# Ice Ban Products



## Eager Beaver (Jul 27, 2000)

I know I am probably going to get in hot water for this from a past post however I am excited on getting on the Ice Ban product line distribution also, in Michigan. 

I have been on this site for the last 2 years and heard so much about the other deicing products that people were using or selling that I saw a need in Michigan. I'll let anyone know what I have learned if interested by seperate EMail requests off site. This is as much I will say or promote on this site.


----------



## Mike Nelson (May 18, 2001)

Congratulations 

Are you going to be using liquid deicers yourself,besides selling them?
Good Luck


----------



## Eager Beaver (Jul 27, 2000)

Mike,
Yes I will being using them both in liquid deicing form and also as pretreating existing salt supplies. The ecological advantages far outway the cost for me which will be offset v/s salt application amounts for the sme applications. 
I guess the older I get I start thinking about the effects that we in the industry are going to affect the eviroment for our children and their children. I am by no means a tree hugger however we can all be educated on the new principles of deicing products and the benifits of using them..


----------



## rick barnes (Oct 15, 2001)

*ice ban*

have sent you an e-mail, with questions about this product.
Hopefully you might be able to help me.

I have a problem at one of my lots and have not found anything around here that works well

Thanks

Rick


----------



## ceaman (Sep 19, 2001)

I am using ice ban in north central Indiana! not far from you. I am working on the chart for application rates right now. this is my first year using the product but i am eager to try it. are you distributing the product as well or using it for your use. What Info do you have about application rates and when?


----------



## Eager Beaver (Jul 27, 2000)

As mentioned above I will be happy to answer anyones questions about this exciting product off site. 

I in no way want to infringe on my right to be a member of this site. I only mentioned this information because of a past post and wanted plow site members to know that we are involved in Michigan. 

Out East many liqiuid deicers have been tried with great results threw trial and error. I am not saying which one is best it depends on conditions,applications etc. however I am a little bias. Everyone has to do their homework and find out what works for them.


----------



## rick barnes (Oct 15, 2001)

Big Thanks

For the e-mail about Ice Ban, I won't need much, Have a hard enough time talking my clients into ice control anyway. Till we have an ice storm, which isn't often.
It sounds like I need to talk with my account & maybe get an addition to the contract.
I'm going to busy around here the next few days, but when it lets up,I'll contact you, would hate to have to come to Lancing for 5 / 10 gal you know what I mean.

Thanks again 

Rick 

Doing The BACK STROKE & not plowing
got another 2" rain yesterday & last nite


----------



## ceaman (Sep 19, 2001)

Thanks too for the email the info is much needed.....


----------



## Plow Meister (Oct 16, 2001)

Rick,

You don't have any snow down there yet, do you?? Did you keep the Holiday Inn? I think I might be heading down to Rushville this week. If so I will let you know. Perhaps we could meet for lunch or something.


----------



## rick barnes (Oct 15, 2001)

plow meister

Nope no snow yet, plenty or rain, we have real good flooding going on right now, it has rained 3 out of the last 4 days temps 45 & ^

yes I did keep the Holiday Inn, sorry I havn't got back with you on it., Thanks again for the info.

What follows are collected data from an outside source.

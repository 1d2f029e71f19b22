-- ===== src/Bitstream/RoundTrip.antt =====
-- `Pack` and `Unpack` of internal/bitstream/pack.go, one after the other.
use g.Base.{
  All-take, ℕ, ◌+◌, ◌*◌, ◌%◌, ◌^◌, ◌≤◌, ◌<◌, ◌≡◌, refl, ◌∙◌, List, [], ◌∷◌, All, arith, length,
  replicate, drop, take, take-append_exact, drop-append_exact, length-append, length-drop,
  length-take, ◌++◌,
}
use g.Bitstream.BitIo.{init_writer, init_reader}
use g.Bitstream.BitIo.Stream.{zeros-IsClear}
use g.Bitstream.BitIo.Bytes.{IsByte, bytes_ext}
use g.Bitstream.BitIo.Fields.{field, field-lt, read_lem}
use g.Bitstream.Runs.{
  write_all, total, WroteAll, write_all-WroteAll, write_all-IsByte, SameFields, sum_widths,
  same_bits,
}
use g.Bitstream.{Frame, write_frame, read_frame, pack, unpack, ok}

-- The parts of a frame as they stand in a slice.
frame_at : List ℕ → Frame
frame_at buf = record {
  l0 = field buf 0 1;
  l1 = field buf 1 7;
  l2 = field buf 8 5;
  l3 = field buf 13 5;
  p1 = field buf 18 8;
  p0 = field buf 26 1;
  c1 = field buf 27 13;
  s1 = field buf 40 4;
  ga1 = field buf 44 3;
  gb1 = field buf 47 4;
  p2 = field buf 51 5;
  c2 = field buf 56 13;
  s2 = field buf 69 4;
  ga2 = field buf 73 3;
  gb2 = field buf 76 4;
}

read_frame-eq-frame_at : (buf : List ℕ) → read_frame (init_reader buf) ≡ frame_at buf
unfolding read_frame frame_at
read_frame-eq-frame_at buf =
    rw
      (
        read_lem 1 buf 0 (omega arith),
        read_lem 7 buf 1 (omega arith),
        read_lem 5 buf 8 (omega arith),
        read_lem 5 buf 13 (omega arith),
        read_lem 8 buf 18 (omega arith),
        read_lem 1 buf 26 (omega arith),
        read_lem 13 buf 27 (omega arith),
        read_lem 4 buf 40 (omega arith),
        read_lem 3 buf 44 (omega arith),
        read_lem 4 buf 47 (omega arith),
        read_lem 5 buf 51 (omega arith),
        read_lem 13 buf 56 (omega arith),
        read_lem 4 buf 69 (omega arith),
        read_lem 3 buf 73 (omega arith),
        read_lem 4 buf 76 (omega arith),
      )
      refl

-- What `Pack` writes, and what a reader of ten bytes finds: the low bits of each value.
abbrev parts : Frame → List (ℕ × ℕ)
parts f =
    (f.l0, 1)
    ∷ (f.l1, 7)
    ∷ (f.l2, 5)
    ∷ (f.l3, 5)
    ∷ (f.p1, 8)
    ∷ (f.p0, 1)
    ∷ (f.c1, 13)
    ∷ (f.s1, 4)
    ∷ (f.ga1, 3)
    ∷ (f.gb1, 4)
    ∷ (f.p2, 5)
    ∷ (f.c2, 13)
    ∷ (f.s2, 4)
    ∷ (f.ga2, 3)
    ∷ (f.gb2, 4)
    ∷ []

abbrev pub masked : Frame → Frame
masked f = record {
  l0 = f.l0 % 2;
  l1 = f.l1 % 2 ^ 7;
  l2 = f.l2 % 2 ^ 5;
  l3 = f.l3 % 2 ^ 5;
  p1 = f.p1 % 2 ^ 8;
  p0 = f.p0 % 2;
  c1 = f.c1 % 2 ^ 13;
  s1 = f.s1 % 2 ^ 4;
  ga1 = f.ga1 % 2 ^ 3;
  gb1 = f.gb1 % 2 ^ 4;
  p2 = f.p2 % 2 ^ 5;
  c2 = f.c2 % 2 ^ 13;
  s2 = f.s2 % 2 ^ 4;
  ga2 = f.ga2 % 2 ^ 3;
  gb2 = f.gb2 % 2 ^ 4;
}

abbrev zeros : List ℕ
zeros = replicate 10 0

abbrev packed_bytes : Frame → List ℕ
packed_bytes f = (write_frame f (init_writer zeros)).buf

write_frame-WroteAll :
    (f : Frame) → WroteAll (parts f) (init_writer zeros) (write_frame f (init_writer zeros))
unfolding write_frame write_all total
write_frame-WroteAll f =
    write_all-WroteAll (parts f) (init_writer zeros) (zeros-IsClear 10) (omega arith)

frame_at-packed_bytes : (f : Frame) → frame_at (packed_bytes f) ≡ masked f
unfolding frame_at
frame_at-packed_bytes f = ground (arith, (write_frame-WroteAll f).holds)

-- For every frame and every output slice of at least ten bytes, Pack succeeds, and Unpack of the
-- slice that it leaves gives the frame with each value cut to the width of its field; the slice
-- keeps its length and its bytes behind the first ten.
pub unpack-pack :
    (f : Frame) (out : List ℕ)
    → 10 ≤ length out
    → (packed : List ℕ) × (pack f out ≡ ok packed)
      × (unpack packed ≡ ok (masked f))
      × (length packed ≡ length out)
      × (drop 10 packed ≡ drop 10 out)
unfolding pack unpack
unpack-pack f out h = (
  packed_bytes f ++ drop 10 out,
  ground arith,
  ground (arith, longer, front, read_frame-eq-frame_at (packed_bytes f), frame_at-packed_bytes f),
  longer,
  drop-append_exact 10 (packed_bytes f) (drop 10 out) ten,
)
  where
    ten : length (packed_bytes f) ≡ 10
    ten = (write_frame-WroteAll f).same_length

    longer : length (packed_bytes f ++ drop 10 out) ≡ length out
    longer =
        omega (arith, length-append {0} (packed_bytes f) (drop 10 out), length-drop 10 out, ten)

    front : take 10 (packed_bytes f ++ drop 10 out) ≡ packed_bytes f
    front = take-append_exact 10 (packed_bytes f) (drop 10 out) ten

abbrev widths : List ℕ
widths = 1 ∷ 7 ∷ 5 ∷ 5 ∷ 8 ∷ 1 ∷ 13 ∷ 4 ∷ 3 ∷ 4 ∷ 5 ∷ 13 ∷ 4 ∷ 3 ∷ 4 ∷ []

SameFields-frame_at : (a b : List ℕ) → frame_at a ≡ frame_at b → SameFields a b 0 widths
unfolding frame_at
SameFields-frame_at a b e = ground (arith, e)

masked-frame_at : (buf : List ℕ) → masked (frame_at buf) ≡ frame_at buf
unfolding frame_at
masked-frame_at buf = ground (
  arith,
  field-lt buf 0 1,
  field-lt buf 1 7,
  field-lt buf 8 5,
  field-lt buf 13 5,
  field-lt buf 18 8,
  field-lt buf 26 1,
  field-lt buf 27 13,
  field-lt buf 40 4,
  field-lt buf 44 3,
  field-lt buf 47 4,
  field-lt buf 51 5,
  field-lt buf 56 13,
  field-lt buf 69 4,
  field-lt buf 73 3,
  field-lt buf 76 4,
)

packed_bytes-IsByte : (f : Frame) → All IsByte (packed_bytes f)
unfolding write_frame write_all
packed_bytes-IsByte f = write_all-IsByte (parts f) (init_writer zeros) (omega arith)

packed_bytes-frame_at :
    (buf : List ℕ) → length buf ≡ 10 → All IsByte buf → packed_bytes (frame_at buf) ≡ buf
packed_bytes-frame_at buf ten bytes =
    bytes_ext (packed_bytes (frame_at buf)) buf (omega (arith, wrote.same_length))
      (packed_bytes-IsByte (frame_at buf)) bytes
      (λ p h. same_bits widths _ buf 0 p same (omega arith) (bound p h))
  where
    wrote :
        WroteAll
          (parts (frame_at buf))
          (init_writer zeros)
          (write_frame (frame_at buf) (init_writer zeros))
    wrote = write_frame-WroteAll (frame_at buf)

    same : SameFields (packed_bytes (frame_at buf)) buf 0 widths
    same = SameFields-frame_at _ buf (frame_at-packed_bytes (frame_at buf) ∙ masked-frame_at buf)

    bound : (p : ℕ) → p < 8 * length (packed_bytes (frame_at buf)) → p < 0 + sum_widths widths
    bound p h = unfold sum_widths in omega (arith, wrote.same_length)

-- Ten bytes always hold a frame.
pub unpack_total : (bits : List ℕ) → 10 ≤ length bits → (f : Frame) × (unpack bits ≡ ok f)
unfolding unpack
unpack_total bits h = (read_frame (init_reader (take 10 bits)), ground arith)

-- For two slices of at least ten bytes, the first of them of numbers below 256: Unpack of the first
-- succeeds, and Pack of the frame that it gives puts the first ten bytes of the first slice in
-- front of the rest of the second.
pub pack-unpack :
    (bits out : List ℕ)
    → 10 ≤ length bits
    → 10 ≤ length out
    → All IsByte bits
    → (f : Frame) × (unpack bits ≡ ok f) × (pack f out ≡ ok (take 10 bits ++ drop 10 out))
unfolding pack unpack
pack-unpack bits out h k bytes = (
  frame_at (take 10 bits),
  ground (arith, read_frame-eq-frame_at (take 10 bits)),
  ground (
    arith,
    packed_bytes-frame_at (take 10 bits) (omega (arith, length-take 10 bits))
        (All-take IsByte 10 bits bytes),
  ),
)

Going to try to meet with another plower soon,for lunch we'll have to get the Indiana map out and see where we can meet

Thanks again for the feedback

Rick


----------



## ceaman (Sep 19, 2001)

we should all three get together for lunch.... just let me know when... Ill make time.


----------



## Plow Meister (Oct 16, 2001)

My trip to Rushville was shot down for this week but I do have to go to Indianapolis to renew my badge between Christmas and New Years. Perhaps then.


----------



## rick barnes (Oct 15, 2001)

*Ice Ban to salt ratio*

Now that I have a little ice ban ,can anyone help me with how much I should use per 100 lb. of salt ????

THANKS ,

Rick

READY TO PLOW " and melt ice "


----------



## Irrigation (Nov 23, 2001)

rick,

Our company is an authorized distributor of Ice Ban. We have done all the math regarding precise application rates. I don't know what you can buy it for, but we sell the ultra product for less than half any other major de - icer for walks such as calcium, urea, or potassium. Post a reply if you still need the application rates and I'll e mail them to you or anyone else interested in Ice Ban.


----------



## rick barnes (Oct 15, 2001)

Irrigation; Thanks for the help

Yes I do need the formula for Ice Ban & salt application, How much Ice Ban to salt????

I obtained a small amount from a fellow plower close to me, to give it a try and educate a couple of my accounts about it.

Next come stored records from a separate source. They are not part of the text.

-- ===== src/Bitstream/Tests.antt =====
-- Runs of internal/bitstream at concrete inputs.
use g.Base.{ℕ, ◌≡◌, refl, arith, List, [], ◌∷◌, ◌++◌, take, drop, length, replicate, All}
use g.Bitstream.{Frame, ok, err, short_output, short_input, pack, unpack}
use g.Bitstream.BitIo.Bytes.{IsByte}
use g.Bitstream.RoundTrip.{masked, unpack-pack, pack-unpack}

abbrev sample : Frame
sample = record {
  l0 = 1;
  l1 = 0x55;
  l2 = 0x11;
  l3 = 0x0a;
  p1 = 0xa5;
  p0 = 1;
  c1 = 0x1234;
  s1 = 0x9;
  ga1 = 5;
  gb1 = 0xc;
  p2 = 0x1f;
  c2 = 0x0fed;
  s2 = 6;
  ga2 = 2;
  gb2 = 0x17;
}

abbrev buffer : List ℕ
buffer = replicate 12 7

abbrev wire : List ℕ
wire = 0xd5 ∷ 0x8a ∷ 0xe9 ∷ 0x72 ∷ 0x34 ∷ 0x9b ∷ 0x9f ∷ 0xf6 ∷ 0xed ∷ 0x27 ∷ []

wire-IsByte : All IsByte wire
wire-IsByte = omega arith

short_test :
    (pack sample (replicate 9 0) ≡ err short_output) × (unpack (replicate 9 0) ≡ err short_input)
unfolding pack unpack
short_test = (refl, refl)

unpack-pack_example :
    (packed : List ℕ) × (pack sample buffer ≡ ok packed)
    × (unpack packed ≡ ok (masked sample))
    × (length packed ≡ length buffer)
    × (drop 10 packed ≡ drop 10 buffer)
unpack-pack_example = unpack-pack sample buffer (omega arith)

pack-unpack_example :
    (f : Frame) × (unpack wire ≡ ok f) × (pack f buffer ≡ ok (take 10 wire ++ drop 10 buffer))
pack-unpack_example = pack-unpack wire buffer (omega arith) (omega arith) wire-IsByte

This will be my first experiance with this product,so I am on a mission to prove to myself and to my accounts of it's benifit

So any info that you can offer will be helpful. You are mostlikely the closest supplier to me, so yes I would be interested on the cost of the ULTRA .

THANKS in advance for your help

[email protected]

READY TO PLOW

Hopeing to give it a try in the next couple of days, unless it fizzles again& gets warmer again


----------



## ceaman (Sep 19, 2001)

I need the rates too please..
[email protected]


----------



## Plow Meister (Oct 16, 2001)

Rick,

I wound up going down to Rushville today but only for an hour. I wanted to call and ask you to join me for lunch at Pizza Hut but I didn't have your phone # or last name. I am going down to Indy in a week. I will try to hook up with you then.

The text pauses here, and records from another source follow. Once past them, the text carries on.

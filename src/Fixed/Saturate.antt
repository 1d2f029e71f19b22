-- ===== src/Fixed/Saturate.antt =====
-- internal/fixed: saturate.go, overflow.go, arith16.go, arith32.go, extract.go and round.go.
pub mod Laws
use g.Base.{
  ℕ, suc, ◌+◌, ◌-◌, ◌*◌, ◌/◌, ◌%◌, ◌^◌, Bool, true, false, ◌||◌, if◌then◌else◌, ltb, leb, ◌==◌, ℤ,
  pos, negsuc, ◌+ℤ◌, ◌-ℤ◌, ◌*ℤ◌, ltb_ℤ, asr, wrap,
}

abbrev pub max16 : ℤ
max16 = pos 32767

abbrev pub min16 : ℤ
min16 = negsuc 32767

abbrev pub max32 : ℤ
max32 = pos 2147483647

abbrev pub min32 : ℤ
min32 = negsuc 2147483647

abbrev pub eq_min16 : ℤ → Bool
eq_min16 (pos n) = false
eq_min16 (negsuc n) = n == 32767

abbrev pub eq_min32 : ℤ → Bool
eq_min32 (pos n) = false
eq_min32 (negsuc n) = n == 2147483647

unfoldable pub saturate : ℤ → ℤ
saturate x = if ltb_ℤ max16 x then max16 else if ltb_ℤ x min16 then min16 else wrap 16 x

unfoldable pub saturate_sets : ℤ → Bool
saturate_sets x = ltb_ℤ max16 x || ltb_ℤ x min16

unfoldable pub saturate64 : ℤ → ℤ
saturate64 x = if ltb_ℤ max32 x then max32 else if ltb_ℤ x min32 then min32 else wrap 32 x

unfoldable pub saturate64_sets : ℤ → Bool
saturate64_sets x = ltb_ℤ max32 x || ltb_ℤ x min32

-- The flag after an operation, which `ClearOverflow` alone takes back.
abbrev pub clear_overflow : Bool → Bool
clear_overflow flag = false

abbrev pub set_overflow : Bool → Bool → Bool
set_overflow flag sets = if sets then true else flag

unfoldable pub add : ℤ → ℤ → ℤ
add a b = saturate (a +ℤ b)

unfoldable pub sub : ℤ → ℤ → ℤ
sub a b = saturate (a -ℤ b)

unfoldable pub negate : ℤ → ℤ
negate a = if eq_min16 a then max16 else pos 0 -ℤ a

unfoldable pub abs_s : ℤ → ℤ
abs_s a = if eq_min16 a then max16 else if ltb_ℤ a (pos 0) then pos 0 -ℤ a else a

unfoldable pub l_add : ℤ → ℤ → ℤ
l_add a b = saturate64 (a +ℤ b)

unfoldable pub l_add_sets : ℤ → ℤ → Bool
l_add_sets a b = saturate64_sets (a +ℤ b)

unfoldable pub l_sub : ℤ → ℤ → ℤ
l_sub a b = saturate64 (a -ℤ b)

unfoldable pub l_sub_sets : ℤ → ℤ → Bool
l_sub_sets a b = saturate64_sets (a -ℤ b)

unfoldable pub l_negate : ℤ → ℤ
l_negate a = if eq_min32 a then max32 else pos 0 -ℤ a

unfoldable pub l_abs : ℤ → ℤ
l_abs a = if eq_min32 a then max32 else if ltb_ℤ a (pos 0) then pos 0 -ℤ a else a

unfoldable pub extract_h : ℤ → ℤ
extract_h x = wrap 16 (asr x 16)

-- `x & 0xFFFF` is the low half of the bit pattern, and its conversion keeps the pattern.
unfoldable pub extract_l : ℤ → ℤ
extract_l x = wrap 16 x

unfoldable pub l_deposit_h : ℤ → ℤ
l_deposit_h x = wrap 32 (x *ℤ pos (2 ^ 16))

unfoldable pub l_deposit_l : ℤ → ℤ
l_deposit_l x = x

unfoldable pub round : ℤ → ℤ
round x = extract_h (l_add x (pos 0x8000))

unfoldable pub round_sets : ℤ → Bool
round_sets x = l_add_sets x (pos 0x8000)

Also, tell me how your Ice Ban experiment works. I am very curious for next year. I plan to buy in bulk next year and am also going after some much larger accounts (strip malls and grocery stores). All my accounts are large now but are mostly industrial lots that don't require great attention to ice control.


----------



## Eager Beaver (Jul 27, 2000)

Rick,
I sent you a Email this morning on some suggestions for applications. You can forward that info to "Ceaman" or PlowMeister if you like. I'm glad to see the interest on site. We all need to work together in this industry and help each other out. Networking is a good thing!!!


----------



## ceaman (Sep 19, 2001)

Rick... 
Did you get an ice event last night like we were hoping? We missed ours... the rain came as soon as you left and it wasnt cold enough yet. Then it didnt rain again.
Oh by the way.... the pump we were transfering liquid with is junk bought a new pacer pump last night. Now Im trying to re plumb the sprayer tank....


----------



## ceaman (Sep 19, 2001)

I wanted to say thanks to everyone with all the help with ice-ban over the two posts ( this and rates ) I have learned alot. Taught a little and changed my opinion on a few other things. I have been gratefull for everyone who called over the past couple of days and hashed out rate comparisons. discussed set ups and so on...... I feel liquid is the future,works to sub zero teps, even coverage, no bounce and roll, and ecologicly sound.

thanks again


----------



## Eager Beaver (Jul 27, 2000)

I don't know how others feel but I myself have learned so much about liquid deicers over the last couple of years v/s what I originally knew about liquid deicers. Of course I now have become a distributor of a product that I feel comfortable with promoting.

Without the networking ability of PLOW SITE and Chucks dedication to this business originally we all would not be at least looking at other better ecological solutions in the snow and ice Mgt. business. Thanks Chuck and to all involved on this site!!!

"Merry Christmas to All "and a Happy New Year (hopefully with some snow soon)


----------